Quantitative analysis on the straightening of characteristic molecular chain in the disentanglement part upon dynamic loading: (a) schematic diagram of the straightening of characteristic molecular chain; (b) strain rate dependences of straightening ratio, R s , at yield stress point and maximum stress point; (c) schematic diagram of the bond angle expansion among three neighboring atoms; and (d) strain rate dependences of the angle-expansion ratio, R a , at yield stress point and maximum stress point.

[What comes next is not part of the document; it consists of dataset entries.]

-- ===== src/Server/Shutdown/Calls.antt =====
-- The two views of `cleanup_entries` of src/extended.rs: all at once in Extended.Cleanup, and call by
-- call in the task of a connection.
use pywire.Base.{
  ◌≡◌, refl, sym, ap, ◌∙◌, Option, none, some, List, [], ◌∷◌, ◌++◌, inl, inr, Bool-cases,
}
use pywire.HashMap.{HashMap}
use pywire.Query.Response.{Py}
use pywire.Extended.State.{BoundPortal, PortalEntry, PythonPortals, Call, Event, World}
use pywire.Extended.Cleanup.{
  ignore, cleanup_portal, cleanup_portals, cleanup_statements, cleanup_session, cleanup_entries,
}
use pywire.Server.Shutdown.{portal_calls, statement_calls, session_calls, cleanup_calls}

module _ (w : World) where
  -- One callback after the other, each awaited.
  unfoldable pub await_all : List Call → List Event → List Event
  unfolding ignore
  await_all [] calls = calls
  await_all (c ∷ cs) calls = await_all cs (ignore w c calls)

  await_all-append :
      (cs ds : List Call) (calls : List Event)
      → await_all (cs ++ ds) calls ≡ await_all ds (await_all cs calls)
  unfolding await_all
  await_all-append [] ds calls = refl
  await_all-append (c ∷ cs) ds calls = await_all-append cs ds (ignore w c calls)

  portals-await_all :
      (m : HashMap PortalEntry) (calls : List Event)
      → cleanup_portals w m calls ≡ await_all (portal_calls m) calls
  unfolding cleanup_portals cleanup_portal portal_calls await_all
  portals-await_all [] calls = refl
  portals-await_all ((n, e) ∷ m) calls =
      portals-await_all m (cleanup_portal w n e.bound calls) ∙ entry e.bound
    where
      entry :
          (o : Option BoundPortal)
          → await_all (portal_calls m) (cleanup_portal w n o calls)
            ≡ await_all
                (elim o [
                  | none ↦ portal_calls m
                  | some b ↦ Call.close_portal b.instance_ref n ∷ portal_calls m
                ])
                calls
      entry none = refl
      entry (some b) = refl

  statements-await_all :
      (m : HashMap Py) (calls : List Event)
      → cleanup_statements w m calls ≡ await_all (statement_calls m) calls
  unfolding cleanup_statements statement_calls await_all
  statements-await_all [] calls = refl
  statements-await_all ((n, i) ∷ m) calls =
      statements-await_all m (ignore w (Call.close_statement i n) calls)

  session-await_all :
      (o : Option Py) (calls : List Event)
      → cleanup_session w o calls ≡ await_all (session_calls w.has_close o) calls
  unfolding cleanup_session session_calls await_all
  session-await_all none calls = refl
  session-await_all (some i) calls = elim (Bool-cases (w.has_close i)) [
    | inl e ↦ rw e refl
    | inr e ↦ rw e refl
  ]

  -- `cleanup_entries` is the calls that the task of a connection makes in its cleanup, one awaited
  -- after the other: a bound portal's `close_portal`, every statement's `close_statement`, and the
  -- session's `close` where it has one.
  pub cleanup_entries-await_all :
      (t : PythonPortals) (calls : List Event)
      → cleanup_entries w t.portals t.statements t.session calls
        ≡ await_all (cleanup_calls w.has_close t) calls
  unfolding cleanup_entries cleanup_calls
  cleanup_entries-await_all t calls =
      ap (λ x. cleanup_session w t.session (cleanup_statements w t.statements x))
        (portals-await_all t.portals calls)
      ∙ ap (cleanup_session w t.session)
          (statements-await_all t.statements (await_all (portal_calls t.portals) calls))
      ∙ session-await_all t.session
          (await_all (statement_calls t.statements) (await_all (portal_calls t.portals) calls))
      ∙ sym (
          await_all-append (portal_calls t.portals)
            (statement_calls t.statements ++ session_calls w.has_close t.session) calls
          ∙ await_all-append (statement_calls t.statements) (session_calls w.has_close t.session)
              (await_all (portal_calls t.portals) calls))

The same, the angle–expansion ratio, R a , is defined as: R a = [ ( θ 1 − θ 0 ) / θ 0 ] × 100 % , which is schematically shown in Figure 10c. Herein, R a is the angle–expansion ratio; θ 0 is the initial angle formed among three neighboring atoms; and θ 1 is the current angle formed among the same three neighboring atoms processed by dynamic loading. Also, it is worthy to note that only one direction along the tensile loading is considered and the angle–expansion ratio, R a , measured in this work is an average value. Then, at each strain rate, the angle–expansion ratio, R a , at yield stress point and maximum stress point can be obtained. Accordingly, the strain rate dependences of theirs can be derived as shown in Figure 10d. With the increase in strain rate, the angle–expansion ratio, R a , at both yield stress point and maximum stress point increase, which show the strain rate dependencies.

According to the quantitative analysis in Figure 10b and d, with the increase in strain rate, both straightening ratio and bond angle–expansion ratio increase, which contributes to the disentanglement of molecular chain upon dynamic loading. That means the loading at a higher strain rate can lead to a greater degree of disentanglement, which is mainly conducted by the straightening of characteristic molecular chain and bond angle expansion. Herein, the increase in bond length is deemed to make less effect on the material deformation and it will cause the material failure.